Let's trace a single vertex — the tip of a triangle sitting at local coordinates (1, 0, 0) — all the way down the belt.

Vertex data: the corner enters as (1,0,0) in the model's own space.
Model transform: the object is placed 5 units back and turned, so the corner moves to a new world position, say (4, 1, -5).
View transform: re-expressed relative to the camera. The important number now is depth: this corner is 5 units in front of the eye.
Projection: dividing the screen offsets by that depth, the corner lands at a 2-D image-plane position — nearer objects would move less, farther ones more. Its depth 5 is stored aside for the depth test.
Clipping: the corner is inside the view, so it survives untouched.
Rasterization: its 2-D position maps to a specific pixel, say column 640, row 360 — one fragment among the thousands the triangle covers.
Fragment shading: that fragment is lit and textured, coming out (for instance) a warm orange.
Framebuffer: if nothing nearer already occupies pixel (640, 360), the orange is written there — and it appears on screen.

One corner, eight steps, a fraction of a microsecond. Now multiply that by every vertex of every triangle, and every pixel of every triangle, sixty times a second. The pipeline's whole reason for existing is to make that torrent of work regular — the same fixed sequence for everything — so hardware can run millions of these journeys in parallel.

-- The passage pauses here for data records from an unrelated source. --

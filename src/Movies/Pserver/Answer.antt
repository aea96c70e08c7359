-- ===== src/Movies/Pserver/Answer.antt =====
-- hw4_simple-movies-recommendation-system-lala-ju/server.c: the answers of the two builds next to each other.
use mathlib.Core.List.{Perm, map, append-nil}
use mathlib.Core.List.Perm
use system_programming_homew.Prelude.{
  ℕ, suc, ◌+◌, ◌-◌, ◌*◌, ◌/◌, ◌%◌, ◌≤◌, ◌<◌, ◌≡◌, ◌⊎◌, inl, inr, refl, sym, ap, subst, ◌∙◌, false,
  Bool-cases, List, [], ◌++◌, some, length, length-map, take, drop, take-append, drop-append, ltb,
  Perm-length, arith,
}
use system_programming_homew.Prelude.Int.{ℤ}
use system_programming_homew.Movies.Entry.{Entry}
use system_programming_homew.Movies.Select.{secret}
use system_programming_homew.Movies.Merge.{merge_rounds, merge_round, truemerge}
use system_programming_homew.Movies.Merge.Block.{merged}
use system_programming_homew.Movies.Merge.Round.{
  Blocks, last_block, pow-last_block, truemerge-middle,
}
use system_programming_homew.Movies.Search.{MovieProfile, cal, base_of, answer}
use system_programming_homew.Movies.Search.Sorting.{IsGood}
use system_programming_homew.Movies.Search.Answer.{base_of-IsCut, cal-length, sort_all}
use system_programming_homew.Movies.Pserver.{merge_child, merge_children, merge_passes, pserver}
use system_programming_homew.Movies.Pserver.Names.{
  names, merge_child-names, passes-Perm, Perm-names,
}

-- However many movies match, at least one, if the matching movies have no negative score and titles
-- of less than 255 bytes that are all above the tab, then pserver answers, and its names are those
-- of the matching movies with the suffix, each as often as it matches, in some order.
pub pserver-Perm {ℓ} :
    {Profile : Type ℓ} (score : Profile → ℤ) (keywords : List ℕ)
    (movies : List (MovieProfile Profile))
    → 0 < length (cal score keywords movies)
    → IsGood (cal score keywords movies)
    → (out : List Entry) × (pserver score keywords movies ≡ some out)
      × Perm (names out) (names (map secret (cal score keywords movies)))
unfolding pserver
pserver-Perm score keywords movies h good =
    let found : List Entry = cal score keywords movies in
    let base : ℕ = base_of (length found) in
    let size : ℕ = length found / base in
    let (sorted, done, blocks, p) =
      sort_all (length movies) found (base_of-IsCut (length found) h)
        (cal-length score keywords movies) good in
    (
      merge_passes base (base / 2) (size * 2) (length found % base) sorted,
      rw done,
      Perm.trans (passes-Perm base (base / 2) (size * 2) (length found % base) sorted)
          (Perm-names sorted (map secret found) p),
    )

-- With one block both do nothing more, with two both merge them.
rounds-one :
    (size left : ℕ) (arr : List Entry)
    → names (merge_passes 1 (1 / 2) (size * 2) left arr) ≡ names (merge_rounds 1 1 1 size arr)
unfolding merge_passes merge_rounds
rounds-one size left arr = refl

take-all : (es : List Entry) → take (length es) es ≡ es
take-all es = ap (take (length es)) (sym (append-nil es)) ∙ take-append es [] (length es) refl

drop-all : (es : List Entry) → drop (length es) es ≡ []
drop-all es = ap (drop (length es)) (sym (append-nil es)) ∙ drop-append es [] (length es) refl

two-children :
    (size left : ℕ) (l r : List Entry)
    → length l ≡ size
    → length (l ++ r) ≡ size * 2 + left
    → names (merge_children 1 (size * 2) left 1 (l ++ r)) ≡ names (merged l r)
unfolding merge_children
two-children size left l r hl whole =
    let from : size * 2 * 0 ≡ 0 = omega arith in
    let end : size * 2 * 1 + left ≡ length (l ++ r) = omega (arith, whole) in
    let half : size * 2 / 2 ≡ size = omega arith in
    let nothing : length (l ++ r) - 0 ≡ length (l ++ r) = omega arith in
    rw (from, end, half, nothing, take-all (l ++ r), drop-all (l ++ r))
      (rw (append-nil (merge_child size (l ++ r)))
        (merge_child-names size (l ++ r) ∙ rw (take-append l r size hl, drop-append l r size hl)))

two-round :
    (size : ℕ) (l r : List Entry)
    → length l ≡ size
    → size ≤ length r
    → merge_round (1 * size) 1 1 (l ++ r) ≡ merged l r
unfolding merge_round
two-round size l r hl hr =
    let one : 1 * size ≡ size = omega arith in
    let closed : (l ++ r) ++ [] ≡ l ++ r = append-nil (l ++ r) in
    rw one (
      ap (truemerge size 1 1) (sym closed)
      ∙ truemerge-middle size 1 1 [] l r [] (omega arith) hl hr (omega (arith, ap length closed))
      ∙ append-nil (merged l r))

rounds-two :
    (size left : ℕ) (l r : List Entry)
    → length l ≡ size
    → size ≤ length r
    → length (l ++ r) ≡ size * 2 + left
    → names (merge_passes 2 (2 / 2) (size * 2) left (l ++ r))
      ≡ names (merge_rounds 2 2 1 size (l ++ r))
unfolding merge_passes merge_rounds merge_children merge_round
rounds-two size left l r hl hr whole =
    two-children size left l r hl whole ∙ ap names (sym (two-round size l r hl hr))

-- The number of blocks for at most 5000 movies.
base_of-few : (cnt : ℕ) → cnt ≤ 5_000 → (base_of cnt ≡ 1) ⊎ (base_of cnt ≡ 2)
unfolding base_of
base_of-few cnt h =
    let a : ltb 60_000 cnt ≡ false = ground arith in
    let b : ltb 30_000 cnt ≡ false = ground arith in
    let c : ltb 10_000 cnt ≡ false = ground arith in
    let d : ltb 5_000 cnt ≡ false = ground arith in
    elim (Bool-cases (ltb 2_000 cnt)) [
      | inl e ↦ inr (rw (a, b, c, d, e))
      | inr e ↦ inl (rw (a, b, c, d, e))
    ]

both_rounds :
    (size left : ℕ) (arr : List Entry)
    → Blocks size 1 arr
    → length arr ≡ size * 2 + left
    → names (merge_passes 2 (2 / 2) (size * 2) left arr) ≡ names (merge_rounds 2 2 1 size arr)
both_rounds size left arr (l, r, split, hl, _, (room, _)) whole =
    subst
      (λ t. names (merge_passes 2 (2 / 2) (size * 2) left t) ≡ names (merge_rounds 2 2 1 size t))
      (sym split) (rounds-two size left l r hl room (sym (ap length split) ∙ whole))

passes-rounds :
    (base k size left : ℕ) (arr : List Entry)
    → (base ≡ 1) ⊎ (base ≡ 2)
    → base ≡ suc k
    → Blocks size k arr
    → length arr ≡ size * base + left
    → names (merge_passes base (base / 2) (size * 2) left arr)
      ≡ names (merge_rounds base base 1 size arr)
passes-rounds base k size left arr (inl e) count blocks whole = rw e (rounds-one size left arr)
passes-rounds base k size left arr (inr e) count blocks whole =
    let one : k ≡ 1 = omega (arith, e, count) in
    rw e (
      both_rounds size left arr (subst (λ k. Blocks size k arr) one blocks)
        (whole ∙ ap (λ b. size * b + left) e))

-- If at least one and at most 5000 movies match the request, and the matching movies have no
-- negative score and titles of less than 255 bytes that are all above the tab, then both builds
-- answer, and pserver has exactly the names of tserver, in the same order.
pub pserver-answer {ℓ} :
    {Profile : Type ℓ} (score : Profile → ℤ) (keywords : List ℕ)
    (movies : List (MovieProfile Profile))
    → 0 < length (cal score keywords movies)
    → length (cal score keywords movies) ≤ 5_000
    → IsGood (cal score keywords movies)
    → (out out' : List Entry) × (answer score keywords movies ≡ some out)
      × (pserver score keywords movies ≡ some out')
      × (names out' ≡ names out)
unfolding answer pserver
pserver-answer score keywords movies h few good =
    let found : List Entry = cal score keywords movies in
    let base : ℕ = base_of (length found) in
    let size : ℕ = length found / base in
    let left : ℕ = length found % base in
    let cut = base_of-IsCut (length found) h in
    let (sorted, done, blocks, p) =
      sort_all (length movies) found cut (cal-length score keywords movies) good in
    (
      merge_rounds base base 1 size sorted,
      merge_passes base (base / 2) (size * 2) left sorted,
      rw done,
      rw done,
      passes-rounds base (last_block cut.exponent) size left sorted (base_of-few (length found) few)
          (cut.base_ok ∙ pow-last_block cut.exponent) blocks
          (Perm-length sorted (map secret found) p ∙ length-map found secret ∙ cut.adds),
    )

“Rendering is just drawing.” It is not a single paint stroke. The picture you see is the output of a long chain of geometric and lighting computations. Most of the work — transforming, projecting, clipping, depth-testing — happens before any colour is ever placed. Thinking of it as “drawing” hides everything that actually makes 3-D graphics hard.
World space is not screen space. A vertex has several different sets of coordinates as it travels: local (model) space, world space, camera space, and finally pixel coordinates. Mixing them up — comparing a world position with a pixel position — is one of the most common beginner bugs. Always ask which space am I in right now?
The pipeline runs per frame, not once. It is not a build step that happens when the program starts. The entire pipeline executes afresh for every single frame — which is exactly why a scene with more triangles, or a higher resolution, costs more to run at 60 frames per second.

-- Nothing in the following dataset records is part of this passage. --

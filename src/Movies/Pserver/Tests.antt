-- ===== src/Movies/Pserver/Tests.antt =====
-- Concrete runs of hw4_simple-movies-recommendation-system-lala-ju, built with PROCESS.
use mathlib.Core.List.{Perm, forall_mem-cons, not-mem-nil, map}
use native.Mathlib.Bridge.{le_prop}
use system_programming_homew.Prelude.{ℕ, ◌≡◌, ◌<◌, refl, List, [], ◌∷◌, some, length, arith}
use system_programming_homew.Prelude.Int.{pos, ◌≤ℤ◌}
use system_programming_homew.CString.{strcmp, strstr, starts_with}
use system_programming_homew.Movies.Entry.{Entry}
use system_programming_homew.Movies.Select.{secret}
use system_programming_homew.Movies.Search.{MovieProfile, cal, matches, answer}
use system_programming_homew.Movies.Search.Suffix.{IsPlain}
use system_programming_homew.Movies.Search.Sorting.{IsGood}
use system_programming_homew.Movies.Merge.{
  merge_rounds, merge_round, truemerge, merge_block, merge_loop, copy_left, copy_new,
}
use system_programming_homew.Movies.Pserver.{merge_passes, pserver}
use system_programming_homew.Movies.Pserver.Names.{names}
use system_programming_homew.Movies.Pserver.Answer.{pserver-Perm, pserver-answer}

abbrev entry : ℕ → ℕ → Entry
entry c n = record { name = c ∷ []; score = pos n }

abbrev movie : ℕ → ℕ → MovieProfile ℕ
movie c n = record { title = c ∷ []; profile = n }

abbrev shelf : List (MovieProfile ℕ)
shelf = movie b'a' 7 ∷ movie b'b' 9 ∷ []

shelf-IsGood : IsGood (entry b'a' 7 ∷ entry b'b' 9 ∷ [])
shelf-IsGood = (
  (forall_mem-cons IsFine-prop).1 (
    (omega arith, omega arith),
    (forall_mem-cons IsFine-prop).1 ((omega arith, omega arith), λ x m. absurd (not-mem-nil m)),
  ),
  (forall_mem-cons (λ (x : Entry). IsPlain-prop x.name)).1 (
    (omega arith, tt),
    (forall_mem-cons (λ (x : Entry). IsPlain-prop x.name)).1
        ((omega arith, tt), λ x m. absurd (not-mem-nil m)),
  ),
)
  where
    IsFine-prop : (x : Entry) → IsProp ((pos 0 ≤ℤ x.score) × (length x.name < 255))
    IsFine-prop x = hlevel (le_prop)

    IsPlain-prop : (cs : List ℕ) → IsProp (IsPlain cs)
    IsPlain-prop [] = hlevel
    IsPlain-prop (c ∷ cs) = hlevel (le_prop, IsPlain-prop cs)

pserver-Perm_example :
    (out : List Entry) × (pserver pos (b'*' ∷ []) shelf ≡ some out)
    × Perm (names out) (names (secret (entry b'a' 7) ∷ secret (entry b'b' 9) ∷ []))
unfolding cal matches strcmp strstr starts_with
pserver-Perm_example = pserver-Perm pos (b'*' ∷ []) shelf (omega arith) shelf-IsGood

pserver-answer_example :
    (out : List Entry) × (out' : List Entry) × (answer pos (b'*' ∷ []) shelf ≡ some out)
    × (pserver pos (b'*' ∷ []) shelf ≡ some out')
    × (names out' ≡ names out)
unfolding cal matches strcmp strstr starts_with
pserver-answer_example =
    pserver-answer pos (b'*' ∷ []) shelf (omega arith) (omega arith) shelf-IsGood

-- Four blocks of two entries. In the passes of pserver y takes the score of x, and stays before v.
abbrev blocks : List Entry
blocks =
    entry b'x' 5
    ∷ entry b'y' 1
    ∷ entry b'z' 9
    ∷ entry b'w' 8
    ∷ entry b'v' 3
    ∷ entry b'u' 2
    ∷ entry b't' 1
    ∷ entry b's' 0
    ∷ []

test_passes :
    names (merge_passes 4 2 4 0 blocks)
    ≡ map (λ c. c ∷ []) (b'z' ∷ b'w' ∷ b'x' ∷ b'y' ∷ b'v' ∷ b'u' ∷ b't' ∷ b's' ∷ [])
unfolding merge_passes strcmp
test_passes = refl

test_rounds :
    names (merge_rounds 4 4 1 2 blocks)
    ≡ map (λ c. c ∷ []) (b'z' ∷ b'w' ∷ b'x' ∷ b'v' ∷ b'u' ∷ b't' ∷ b'y' ∷ b's' ∷ [])
unfolding merge_rounds merge_round truemerge merge_block merge_loop copy_left copy_new strcmp
test_rounds = refl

The earliest 3-D hardware had a fixed-function pipeline: the stages were baked into silicon and you could only tweak a few dials. Modern GPUs made two of the stages — the vertex transform and the fragment shading — programmable. You write little programs called shaders that run once per vertex and once per fragment, in massive parallel. The order of the stages, though, is still exactly the flow on this page; what changed is that you now get to write the code for two of the boxes rather than accept the factory settings.

And the parallelism is staggering. Because every vertex is transformed independently, and every fragment is shaded independently, a GPU can chew through thousands of them at once. That is the deep reason graphics chips look nothing like a CPU: the pipeline is an embarrassingly parallel assembly line, and the hardware is built to exploit it.